-- ===== src/Store/Table/History.antt =====
-- Histories of `register_append` and `truncate_to` from an empty store: the table depends on the
-- token count alone, whatever calls led to it.
use kvmem_test.Common.{
  ℕ, ◌+◌, ◌<◌, ◌≡◌, refl, List, [], ◌∷◌, arith, ap, u32_mod, min, Option, some, none, ◌∙◌, sym,
}
use kvmem_test.Store.Types.{DoubleOps, KvMemStore, KvMemStoreConfig, new_store}
use kvmem_test.Store.Table.{register_append, truncate_to}
use kvmem_test.Store.Table.Layout.{Laid, IsLaid, Laid-geometry, geometry}
use kvmem_test.Store.Table.Append.{register_append-IsLaid}
use kvmem_test.Store.Table.Truncate.{truncate_to-IsLaid, truncate_to-cfg}

-- A call that changes the table.
pub data TableCall : Type 0 where
  appends truncates : ℕ → TableCall

-- The token count after the calls.
unfoldable pub tokens_after : ℕ → List TableCall → ℕ
tokens_after t [] = t
tokens_after t (TableCall.appends n ∷ cs) = tokens_after (t + n) cs
tokens_after t (TableCall.truncates p ∷ cs) = tokens_after (min t p) cs

-- No append takes the count out of 32 bits.
abbrev pub Fits : ℕ → List TableCall → Type 0
Fits t [] = Unit {0}
Fits t (TableCall.appends n ∷ cs) = (t + n < u32_mod) × Fits (t + n) cs
Fits t (TableCall.truncates p ∷ cs) = Fits (min t p) cs

module _ {D : Type 0} where
  unfoldable pub call_table : DoubleOps D → KvMemStore D → TableCall → Option (KvMemStore D)
  call_table o s (TableCall.appends n) = register_append o s n
  call_table o s (TableCall.truncates p) = some (truncate_to s p).0

  abbrev after_call :
      DoubleOps D
      → List TableCall
      → (DoubleOps D → KvMemStore D → Option (KvMemStore D))
      → Option (KvMemStore D)
      → Option (KvMemStore D)
  after_call o cs run none = none
  after_call o cs run (some s) = run o s

  unfoldable pub run_table : List TableCall → DoubleOps D → KvMemStore D → Option (KvMemStore D)
  unfolding call_table
  run_table [] o s = some s
  run_table (c ∷ cs) o s = after_call o cs (run_table cs) (call_table o s c)

  new_store-IsLaid : (c : KvMemStoreConfig D) → 0 < c.block_tokens → IsLaid (new_store c)
  unfolding new_store
  new_store-IsLaid c h = record { positive = h; bounded = omega arith; laid = refl }

  -- Every history that fits returns a laid table with the specified number of tokens.
  pub run_table-IsLaid :
      (o : DoubleOps D) (cs : List TableCall) (s : KvMemStore D)
      → IsLaid s
      → Fits s.total_tokens cs
      → (s' : KvMemStore D) × (run_table cs o s ≡ some s')
        × IsLaid s'
        × (s'.total_tokens ≡ tokens_after s.total_tokens cs)
        × (s'.cfg ≡ s.cfg)
  unfolding run_table tokens_after
  run_table-IsLaid o [] s v f = (s, refl, v, refl, refl)
  run_table-IsLaid o (TableCall.appends n ∷ cs) s v f =
      let (s₁, e, v₁, t₁, c₁) = register_append-IsLaid o s n v f.0 in
      let f₁ : Fits s₁.total_tokens cs = rw t₁ f.1 in
      let (s', r, v', t', c') = run_table-IsLaid o cs s₁ v₁ f₁ in
      (s', rw e r, v', t' ∙ ap (λ t. tokens_after t cs) t₁, c' ∙ c₁)
  run_table-IsLaid o (TableCall.truncates p ∷ cs) s v f =
      let (v₁, t₁, _, _) = truncate_to-IsLaid s p v in
      let f₁ : Fits (truncate_to s p).0.total_tokens cs = rw t₁ f in
      let (s', r, v', t', c') = run_table-IsLaid o cs (truncate_to s p).0 v₁ f₁ in
      (s', r, v', t' ∙ ap (λ t. tokens_after t cs) t₁, c' ∙ truncate_to-cfg s p)

  -- Two histories of an empty store that fit and end at the same token count both return, and
  -- their tables have the same blocks: the same numbers, first tokens and token counts.
  pub run_table-geometry :
      (o : DoubleOps D) (c : KvMemStoreConfig D) (cs ds : List TableCall)
      → 0 < c.block_tokens
      → Fits 0 cs
      → Fits 0 ds
      → tokens_after 0 cs ≡ tokens_after 0 ds
      → (s t : KvMemStore D) × (run_table cs o (new_store c) ≡ some s)
        × (run_table ds o (new_store c) ≡ some t)
        × (geometry s.blocks ≡ geometry t.blocks)
  unfolding new_store
  run_table-geometry o c cs ds h f g e =
      let v = new_store-IsLaid c h in
      let (s, r, w, n, k) = run_table-IsLaid o cs (new_store c) v f in
      let (t, r', w', n', k') = run_table-IsLaid o ds (new_store c) v g in
      let bt : t.block_tokens ≡ s.block_tokens = ap (λ x. x.block_tokens) (k' ∙ sym k) in
      let total : t.total_tokens ≡ s.total_tokens = n' ∙ sym e ∙ sym n in
      let laid : Laid s.block_tokens 0 0 t.blocks s.total_tokens = rw (← bt, ← total) w'.laid in
      (s, t, r, r', Laid-geometry s.block_tokens 0 0 s.blocks t.blocks s.total_tokens w.laid laid)
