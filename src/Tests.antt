-- ===== src/Tests.antt =====
-- Concrete inputs: a store with five blocks of up to four tokens, and each theorem at such an input.
-- Doubles are hundredths.
pub mod Cells
pub mod Choice
pub mod Tiers
pub mod Ssd
pub mod Images
pub mod Runs
pub mod Keys
use kvmem_test.Common.{
  ℕ, ◌+◌, ◌*◌, ◌/◌, ◌≤◌, ◌<◌, ◌≡◌, ◌⊎◌, refl, pos, negsuc, Bool, true, false, not, ◌&&◌, ◌||◌, List,
  [], ◌∷◌, map, min, ltb, leb, ◌==◌, length, get_elem?, contains, arith, some, inl, inr, All, ok,
  int32_of_bits,
}
use kvmem_test.Store.Types.{
  DoubleOps, KvTier, KvMemBlock, KvMemStore, KvMemStoreConfig, KvMemMethod, KvMemSelectPolicy,
  KvMemPlan, KvMemKeepSource, block_count, new_store, orig_pos_end, budget_blocks, is_gpu,
}
use kvmem_test.Store.Table.{register_append, truncate_to, block_id_containing}
use kvmem_test.Store.Table.Layout.{IsLaid, geometry}
use kvmem_test.Store.Table.Append.{register_append-IsLaid}
use kvmem_test.Store.Table.Truncate.{truncate_to-IsLaid, descending}
use kvmem_test.Store.Table.Locate.{block_id_containing-IsLaid}
use kvmem_test.Store.Table.History.{
  TableCall, tokens_after, run_table, run_table-IsLaid, run_table-geometry,
}
use kvmem_test.Store.Budget.{
  resolve_kvmem_keep_allocation, resolve_band, keep_allocation, set_runtime_select_budget,
  gpu_low_watermark_tokens, gpu_high_watermark_tokens, prefill_needs_offload,
}
use kvmem_test.Store.Budget.Keep.{
  IsAllocated, resolve_kvmem_keep_allocation-IsAllocated, set_runtime_select_budget-bounds,
}
use kvmem_test.Store.Budget.Accept.{
  set_runtime_select_budget-accepts, resolve_kvmem_keep_allocation-accepts,
}
use kvmem_test.Store.Budget.Watermark.{ScaleLaws, watermarks_ordered, prefill_needs_offload_lem}
use kvmem_test.Store.Select.{pick_topk_ungrouped, pick_prefill_ungrouped, is_quota, keep_forced}
use kvmem_test.Store.Select.Ids.{IsSelection}
use kvmem_test.Store.Select.TopK.{pick_topk_ungrouped-fills}
use kvmem_test.Store.Select.Forced.{pick_topk_ungrouped-forced}
use kvmem_test.Store.Select.Prefill.{pick_prefill_ungrouped-fills, pick_prefill_ungrouped-newest}
use kvmem_test.Store.Select.Optimal.{OrderLaws, attn_of, pick_topk_ungrouped-optimal}
use kvmem_test.Store.Plan.{normalize, set_selection}
use kvmem_test.Store.Plan.Pack.{Packed, set_selection-Packed}
use kvmem_test.Store.Plan.Residency.{works, set_selection-residency}
use kvmem_test.Store.Plan.Drift.{HasDriftBound, set_selection-HasDriftBound}

abbrev pub hundredths : DoubleOps ℕ
hundredths = record {
  zero = 0;
  one = 100;
  add = λ x y. x + y;
  mul = λ x y. x * y;
  gt = λ x y. ltb y x;
  le = λ x y. leb x y;
  ne = λ x y. not (x == y);
  of_ℕ = λ n. n;
  to_u32 = λ x. x / 100;
}

part_le : (n r : ℕ) → r ≤ 100 → n * r / 100 ≤ n
part_le n r h = grind arith

hundredths-ScaleLaws : ScaleLaws hundredths
hundredths-ScaleLaws = record {
  one_pos = refl;
  one_le = refl;
  scale_le = λ n r small low high. part_le n r (ground arith);
}

pub hundredths-OrderLaws : OrderLaws hundredths
hundredths-OrderLaws = record {
  gt_asym = λ a b h. ground arith;
  gt_trans = λ a b c h k. ground arith;
  ne_comm = λ a b. ground arith;
  gt_ne = λ a b h. ground arith;
  eq_ne = λ a b c h. ground arith;
  eq_gt_left = λ a b c h. ground arith;
  eq_gt_right = λ a b c h. ground arith;
}

abbrev pub config : KvMemStoreConfig ℕ
config = record {
  block_tokens = 4;
  select_budget = 12;
  prefill_budget = 0;
  sink_blocks = 1;
  recent_blocks = 1;
  select_method = KvMemMethod.retrieval;
  select_policy = KvMemSelectPolicy.top_k;
  optimize_stage_out = true;
  optimize_stage_in = true;
  immutable_source_k = true;
  immutable_refresh_remaps = 3;
  immutable_refresh_abs_delta_tokens = 64;
  immutable_max_baked_position = 0;
  retrieval_blocks = 0;
  profile_blocks = 0;
  gpu_high_watermark = 90;
  gpu_low_watermark = 70;
  estimated_block_bytes = 0;
}

abbrev pub block : ℕ → ℕ → KvTier → Bool → ℕ → KvMemBlock ℕ
block id n t working score = record {
  block_id = id;
  orig_pos_start = id * 4;
  n_tokens = n;
  tier = t;
  gpu_slot = negsuc 0;
  cpu_slot = negsuc 0;
  nvme_slot = negsuc 0;
  ssd_clean = false;
  dirty_gpu = false;
  in_flight = false;
  baked_pos = pos (id * 4);
  remap_count = 1;
  remap_abs_delta = 8;
  in_working_set = working;
  attn_score = score;
  profile_score = score;
  retrieval_score = score;
}

abbrev pub five_blocks : KvMemStore ℕ
five_blocks = record {
  cfg = config;
  runtime_select_budget = 0;
  blocks =
      block 0 4 KvTier.gpu true 10
      ∷ block 1 4 KvTier.ssd false 30
      ∷ block 2 4 KvTier.gpu true 50
      ∷ block 3 4 KvTier.cpu false 20
      ∷ block 4 2 KvTier.gpu false 40
      ∷ [];
  total_tokens = 18;
  media_ranges = [];
}

pub five_blocks-IsLaid : IsLaid five_blocks
five_blocks-IsLaid = record { positive = omega arith; bounded = omega arith; laid = ground arith }

register_append-IsLaid_example :
    (s' : KvMemStore ℕ) × (register_append hundredths five_blocks 7 ≡ some s')
    × IsLaid s'
    × (s'.total_tokens ≡ 18 + 7)
    × (s'.cfg ≡ config)
register_append-IsLaid_example =
    register_append-IsLaid hundredths five_blocks 7 five_blocks-IsLaid (omega arith)

truncate_to-IsLaid_example :
    IsLaid (truncate_to five_blocks 9).0
    × ((truncate_to five_blocks 9).0.total_tokens ≡ min 18 9)
    × (map (λ d. d.block_id) (truncate_to five_blocks 9).1
        ≡ descending
            (block_count (truncate_to five_blocks 9).0)
            (length (truncate_to five_blocks 9).1))
    × (block_count (truncate_to five_blocks 9).0 + length (truncate_to five_blocks 9).1 ≡ 5)
truncate_to-IsLaid_example = truncate_to-IsLaid five_blocks 9 five_blocks-IsLaid

block_id_containing-IsLaid_example :
    (b : KvMemBlock ℕ) × (block_id_containing five_blocks 17 ≡ int32_of_bits (17 / 4))
    × (get_elem? five_blocks.blocks (17 / 4) ≡ some b)
    × (b.block_id ≡ 17 / 4)
    × (b.orig_pos_start ≤ 17)
    × (17 < orig_pos_end b)
block_id_containing-IsLaid_example =
    block_id_containing-IsLaid five_blocks 17 five_blocks-IsLaid (omega arith)

abbrev history : List TableCall
history = TableCall.appends 10 ∷ TableCall.truncates 6 ∷ TableCall.appends 5 ∷ []

run_table-IsLaid_example :
    (s' : KvMemStore ℕ) × (run_table history hundredths five_blocks ≡ some s')
    × IsLaid s'
    × (s'.total_tokens ≡ tokens_after 18 history)
    × (s'.cfg ≡ config)
run_table-IsLaid_example =
    run_table-IsLaid hundredths history five_blocks five_blocks-IsLaid (ground arith)

run_table-geometry_example :
    (s t : KvMemStore ℕ) × (run_table history hundredths (new_store config) ≡ some s)
    × (run_table (TableCall.appends 11 ∷ []) hundredths (new_store config) ≡ some t)
    × (geometry s.blocks ≡ geometry t.blocks)
unfolding tokens_after
run_table-geometry_example =
    run_table-geometry hundredths config history (TableCall.appends 11 ∷ []) (omega arith)
      (ground arith) (ground arith) refl

resolve_kvmem_keep_allocation-IsAllocated_example : IsAllocated 4 40 (record {
  sink_target_tokens = 8;
  recent_target_tokens = 10;
  sink_blocks = 2;
  recent_blocks = 3;
  sink_effective_tokens = 8;
  recent_effective_tokens = 12;
  sink_source = KvMemKeepSource.blocks;
  recent_source = KvMemKeepSource.tokens;
})
unfolding resolve_kvmem_keep_allocation resolve_band keep_allocation
resolve_kvmem_keep_allocation-IsAllocated_example =
    resolve_kvmem_keep_allocation-IsAllocated 4 40 (pos 2) (negsuc 0) (negsuc 0) (pos 10) refl
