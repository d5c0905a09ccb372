-- ===== src/Tests/Cells.antt =====
-- Batches and GPU slots of the adapter on concrete inputs.
use kvmem_test.Common.{
  List, ◌/◌, ok, contains, ℕ, zero, suc, ◌+◌, ◌*◌, ◌<◌, ◌≡◌, ◌↔◌, refl, ap, ◌∙◌, ℤ, pos, negsuc,
  true, false, Option, none, some, [], ◌∷◌, length, get_elem?, arith,
}
use kvmem_test.Store.Types.{KvMemBlock, KvMemStore, KvTier}
use kvmem_test.Store.Table.Layout.{IsLaid}
use kvmem_test.Store.Table.{block_id_containing}
use kvmem_test.Adapter.Batch.{UbatchRows, SlotInfo, row_of, cell_of, kvmem_fill_slot_info}
use kvmem_test.Adapter.Batch.Apart.{IsPooled, IsPlaced, kvmem_fill_slot_info-apart}
use kvmem_test.Adapter.Slots.{reset_slots, slot_for_orig_pos, resident_tokens}
use kvmem_test.Adapter.Slots.Draft.{slot_for_orig_pos-cell_of}
use kvmem_test.Adapter.Turn.{
  TurnState, set_query_span, query_contains, retrieval_mandatory, query_replay_fits,
}
use kvmem_test.Adapter.Turn.Replay.{query_replay_fits-selected}
use kvmem_test.Store.Media.{pick_topk_blocks}
use kvmem_test.Tests.{hundredths, five_blocks, five_blocks-IsLaid, config, block}

-- Block 0 in slot 2, block 1 in slot 0, block 2 in host memory.
abbrev placed : KvMemStore ℕ
placed = record {
  cfg = config;
  runtime_select_budget = 0;
  blocks =
      record (block 0 4 KvTier.gpu true 10) { gpu_slot = pos 2 }
      ∷ record (block 1 4 KvTier.gpu true 30) { gpu_slot = pos 0 }
      ∷ block 2 1 KvTier.cpu false 50
      ∷ [];
  total_tokens = 9;
  media_ranges = [];
}

placed-IsLaid : IsLaid placed
placed-IsLaid = record { positive = omega arith; bounded = omega arith; laid = ground arith }

abbrev slot_number : ℕ → Option ℤ
slot_number zero = some (pos 2)
slot_number (suc zero) = some (pos 0)
slot_number (suc (suc zero)) = some (negsuc 0)
slot_number (suc (suc (suc n))) = none

slot_number-found :
    (id : ℕ) (b : KvMemBlock ℕ)
    → get_elem? placed.blocks id ≡ some b
    → slot_number id ≡ some b.gpu_slot
slot_number-found zero b h = cc
slot_number-found (suc zero) b h = cc
slot_number-found (suc (suc zero)) b h = cc
slot_number-found (suc (suc (suc n))) b h = cc

slot_number-below : (id slot : ℕ) → slot_number id ≡ some (pos slot) → slot < 3
slot_number-below zero slot h = ground arith
slot_number-below (suc zero) slot h = ground arith
slot_number-below (suc (suc zero)) slot h = cc
slot_number-below (suc (suc (suc n))) slot h = cc

slot_number-apart :
    (id id' slot : ℕ)
    → slot_number id ≡ some (pos slot)
    → slot_number id' ≡ some (pos slot)
    → id ≡ id'
slot_number-apart zero zero slot h k = refl
slot_number-apart zero (suc zero) slot h k = absurd (ground arith)
slot_number-apart (suc zero) zero slot h k = absurd (ground arith)
slot_number-apart (suc zero) (suc zero) slot h k = refl
slot_number-apart (suc (suc zero)) id' slot h k = cc
slot_number-apart (suc (suc (suc n))) id' slot h k = cc
slot_number-apart id (suc (suc zero)) slot h k = cc
slot_number-apart id (suc (suc (suc n))) slot h k = cc

placed-IsPooled : IsPooled placed 3
placed-IsPooled = record {
  in_pool = λ id slot b e on. slot_number-below id slot (slot_number-found id b e ∙ ap some on);
  apart = λ id id' slot b c e e' on on'.
      slot_number-apart id id' slot (slot_number-found id b e ∙ ap some on)
        (slot_number-found id' c e' ∙ ap some on');
}

abbrev rows : ℕ → ℤ
rows i = pos (i + 3)

abbrev batch : UbatchRows
batch = record { n_tokens = 2; positions = some rows; logical_pos = none; n_seq_id = none }

batch-IsPlaced : (k : ℕ) → k < 2 → IsPlaced placed batch rows k
batch-IsPlaced zero h = record {
  token = 3;
  slot = 2;
  block = record (block 0 4 KvTier.gpu true 10) { gpu_slot = pos 2 };
  unshared = refl;
  row = refl;
  within = omega arith;
  small = omega arith;
  found = refl;
  on_gpu = refl;
}
batch-IsPlaced (suc zero) h = record {
  token = 4;
  slot = 0;
  block = record (block 1 4 KvTier.gpu true 30) { gpu_slot = pos 0 };
  unshared = refl;
  row = refl;
  within = omega arith;
  small = omega arith;
  found = refl;
  on_gpu = refl;
}
batch-IsPlaced (suc (suc k)) h = absurd (omega arith)

-- The last token of slot 2 and the first of slot 0.
batch_cells :
    kvmem_fill_slot_info placed 4 12 batch
    ≡ some (record { s0 = 0; s1 = 0; strm = 0; idxs = 11 ∷ 0 ∷ [] })
unfolding kvmem_fill_slot_info block_id_containing
batch_cells = refl

-- Past the table the next slot is the lowest free one.
next_place : slot_for_orig_pos placed (reset_slots 2) 4 (pos 13) ≡ some (pos 0, 1)
unfolding slot_for_orig_pos reset_slots block_id_containing
next_place = refl

placed_resident : resident_tokens placed.blocks ≡ 8
unfolding resident_tokens
placed_resident = refl

kvmem_fill_slot_info-apart_example :
    (info : SlotInfo) × (cell : ℕ) × (cell' : ℕ) × (kvmem_fill_slot_info placed 4 12 batch
      ≡ some info)
    × (length info.idxs ≡ 2)
    × (get_elem? info.idxs 0 ≡ some cell)
    × (get_elem? info.idxs 1 ≡ some cell')
    × (cell < 12)
    × (cell' < 12)
    × ((cell ≡ cell') ↔ (row_of batch rows 0 ≡ row_of batch rows 1))
kvmem_fill_slot_info-apart_example =
    kvmem_fill_slot_info-apart placed 3 12 batch rows placed-IsLaid placed-IsPooled (omega arith)
      (omega arith) refl batch-IsPlaced 0 1 (omega arith) (omega arith)

slot_for_orig_pos-cell_of_example :
    (off : ℕ) × (slot_for_orig_pos placed (pos 1 ∷ []) 4 (pos 6) ≡ some (pos 0, off))
    × (off < 4)
    × (cell_of placed 4 12 (pos 6) ≡ some (0 * 4 + off))
slot_for_orig_pos-cell_of_example =
    slot_for_orig_pos-cell_of placed (pos 1 ∷ []) 12 6 0
      (record (block 1 4 KvTier.gpu true 30) { gpu_slot = pos 0 }) placed-IsLaid (omega arith)
      (omega arith) refl refl (omega arith) (omega arith)

abbrev turn : TurnState
turn = record {
  explicit_spans = true;
  query_frozen = false;
  query_begin = negsuc 0;
  query_end = negsuc 0;
  force_pos = negsuc 0;
  query = [];
  mandatory = [];
}

-- Rows 13 to 17 need blocks 3 and 4, and with the sink these are the three blocks of the budget.
needed_blocks : retrieval_mandatory (set_query_span turn (pos 13) (pos 18)) five_blocks ≡ 3 ∷ 4 ∷ []
unfolding retrieval_mandatory set_query_span
needed_blocks = refl

row_in_query : query_contains (set_query_span turn (pos 13) (pos 18)) (pos 17) ≡ true
unfolding query_contains set_query_span
row_in_query = refl

replay_fits : query_replay_fits five_blocks 13 18 ≡ true
unfolding query_replay_fits
replay_fits = refl

-- A query that starts a block earlier needs four blocks.
earlier_replay : query_replay_fits five_blocks 11 18 ≡ false
unfolding query_replay_fits
earlier_replay = refl

query_replay_fits-selected_example :
    (ids : List ℕ) × (pick_topk_blocks hundredths five_blocks
        (retrieval_mandatory (set_query_span turn (pos 13) (pos 18)) five_blocks)
      ≡ ok ids)
    × (contains (17 / 4) ids ≡ true)
query_replay_fits-selected_example =
    query_replay_fits-selected hundredths turn five_blocks 13 0 17 five_blocks-IsLaid refl refl
      replay_fits (omega arith) (omega arith)
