-- ===== src/Tests/Choice.antt =====
-- The selectors and the selection plan at the store of five blocks.
use kvmem_test.Common.{
  ℕ, ◌≤◌, ◌≡◌, ◌⊎◌, refl, true, false, not, ◌&&◌, ◌||◌, [], ◌∷◌, min, length, contains, arith, inl,
  inr, All, ok,
}
use kvmem_test.Store.Types.{KvTier, KvMemStore, KvMemPlan, is_gpu}
use kvmem_test.Store.Select.{pick_topk_ungrouped, pick_prefill_ungrouped, is_quota, keep_forced}
use kvmem_test.Store.Select.Ids.{IsSelection}
use kvmem_test.Store.Select.TopK.{pick_topk_ungrouped-fills}
use kvmem_test.Store.Select.Forced.{pick_topk_ungrouped-forced}
use kvmem_test.Store.Select.Prefill.{pick_prefill_ungrouped-fills, pick_prefill_ungrouped-newest}
use kvmem_test.Store.Select.Optimal.{attn_of, pick_topk_ungrouped-optimal}
use kvmem_test.Store.Plan.{normalize, set_selection}
use kvmem_test.Store.Plan.Pack.{Packed, set_selection-Packed}
use kvmem_test.Store.Plan.Residency.{works, set_selection-residency}
use kvmem_test.Store.Plan.Drift.{HasDriftBound, set_selection-HasDriftBound}
use kvmem_test.Common.{List}
use kvmem_test.Store.Semantic.{pick_semantic_groups}
use kvmem_test.Store.Semantic.Bounds.{pick_semantic_groups-budget}
use kvmem_test.Tests.{hundredths, five_blocks, block, hundredths-OrderLaws, five_blocks-IsLaid}

pick_topk_ungrouped-fills_example :
    IsSelection 5 (pick_topk_ungrouped hundredths five_blocks (3 ∷ []))
    × (length (pick_topk_ungrouped hundredths five_blocks (3 ∷ [])) ≡ min 5 3)
pick_topk_ungrouped-fills_example =
    pick_topk_ungrouped-fills hundredths five_blocks (3 ∷ []) (omega arith)

pick_topk_ungrouped-forced_example :
    contains 3 (pick_topk_ungrouped hundredths five_blocks (3 ∷ [])) ≡ true
pick_topk_ungrouped-forced_example =
    pick_topk_ungrouped-forced hundredths five_blocks (3 ∷ []) 3 (omega arith) (omega arith)
      (inr (inl (omega arith, refl)))

pick_prefill_ungrouped-fills_example :
    IsSelection 5 (pick_prefill_ungrouped hundredths five_blocks [])
    × (length (pick_prefill_ungrouped hundredths five_blocks []) ≡ min 5 3)
pick_prefill_ungrouped-fills_example =
    pick_prefill_ungrouped-fills hundredths five_blocks [] (omega arith)

pick_prefill_ungrouped-newest_example :
    contains 4 (pick_prefill_ungrouped hundredths five_blocks []) ≡ true
unfolding pick_prefill_ungrouped
pick_prefill_ungrouped-newest_example =
    pick_prefill_ungrouped-newest hundredths five_blocks [] 3 4 (omega arith) refl (omega arith)
      (omega arith) refl

-- Block 2 has the best score of those that are not forced; block 1 is left out.
pick_topk_ungrouped-optimal_example :
    (hundredths.gt
        (attn_of hundredths hundredths-OrderLaws five_blocks 1)
        (attn_of hundredths hundredths-OrderLaws five_blocks 2)
      ≡ false)
    × ((hundredths.ne
            (attn_of hundredths hundredths-OrderLaws five_blocks 1)
            (attn_of hundredths hundredths-OrderLaws five_blocks 2)
          ≡ true)
        ⊎ (1 ≤ 2))
unfolding is_quota keep_forced pick_topk_ungrouped
pick_topk_ungrouped-optimal_example =
    pick_topk_ungrouped-optimal hundredths hundredths-OrderLaws five_blocks [] 2 1 refl
      (omega arith) refl refl refl

set_selection-Packed_example :
    (s' : KvMemStore ℕ) × (plan : KvMemPlan) × (set_selection five_blocks
        (4 ∷ 1 ∷ 9 ∷ 2 ∷ 1 ∷ [])
        false
      ≡ ok (s', plan))
    × Packed s'.blocks 0 (normalize 5 (4 ∷ 1 ∷ 9 ∷ 2 ∷ 1 ∷ [])) plan.remaps plan.total_window_tokens
    × (plan.total_window_tokens ≤ 18)
set_selection-Packed_example =
    set_selection-Packed five_blocks (4 ∷ 1 ∷ 9 ∷ 2 ∷ 1 ∷ []) false five_blocks-IsLaid (omega arith)

set_selection-residency_example :
    (s' : KvMemStore ℕ) × (plan : KvMemPlan) × (set_selection five_blocks (1 ∷ 2 ∷ []) false
      ≡ ok (s', plan))
    × (works s'.blocks 1 ≡ contains 1 (1 ∷ 2 ∷ []))
    × (((is_gpu KvTier.ssd && not (contains 1 plan.stage_out)) || contains 1 plan.stage_in)
        ≡ contains 1 (1 ∷ 2 ∷ []))
set_selection-residency_example =
    set_selection-residency five_blocks (1 ∷ 2 ∷ []) false 1 (block 1 4 KvTier.ssd false 30)
      five_blocks-IsLaid refl refl

set_selection-HasDriftBound_example :
    (s' : KvMemStore ℕ) × (plan : KvMemPlan) × (set_selection five_blocks (2 ∷ 4 ∷ []) false
      ≡ ok (s', plan))
    × All (HasDriftBound s'.cfg) s'.blocks
set_selection-HasDriftBound_example =
    set_selection-HasDriftBound five_blocks (2 ∷ 4 ∷ []) false refl (omega arith) (omega arith)
      (omega arith) (omega arith) (ground arith)

pick_semantic_groups-budget_example :
    (ids : List ℕ) × (pick_semantic_groups hundredths five_blocks
        ((0, 6) ∷ (6, 11) ∷ (11, 18) ∷ [])
        (20 ∷ 50 ∷ 30 ∷ [])
        []
      ≡ ok ids)
    × IsSelection 5 ids
    × (length ids ≤ 3)
pick_semantic_groups-budget_example =
    pick_semantic_groups-budget hundredths five_blocks ((0, 6) ∷ (6, 11) ∷ (11, 18) ∷ [])
      (20 ∷ 50 ∷ 30 ∷ []) [] (omega arith) refl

▶ **HOW TO COMPLETE THIS TASK**:
Transcribe the lines from the first line of the records through the line that contains "-- A call that changes the table.", both included, and add nothing else.

▶ **REPLY**:
-- ===== src/Store/Table/History.antt =====
-- Histories of `register_append` and `truncate_to` from an empty store: the table depends on the
-- token count alone, whatever calls led to it.
use kvmem_test.Common.{
  ℕ, ◌+◌, ◌<◌, ◌≡◌, refl, List, [], ◌∷◌, arith, ap, u32_mod, min, Option, some, none, ◌∙◌, sym,
}
use kvmem_test.Store.Types.{DoubleOps, KvMemStore, KvMemStoreConfig, new_store}
use kvmem_test.Store.Table.{register_append, truncate_to}
use kvmem_test.Store.Table.Layout.{Laid, IsLaid, Laid-geometry, geometry}
use kvmem_test.Store.Table.Append.{register_append-IsLaid}
use kvmem_test.Store.Table.Truncate.{truncate_to-IsLaid, truncate_to-cfg}

-- A call that changes the table.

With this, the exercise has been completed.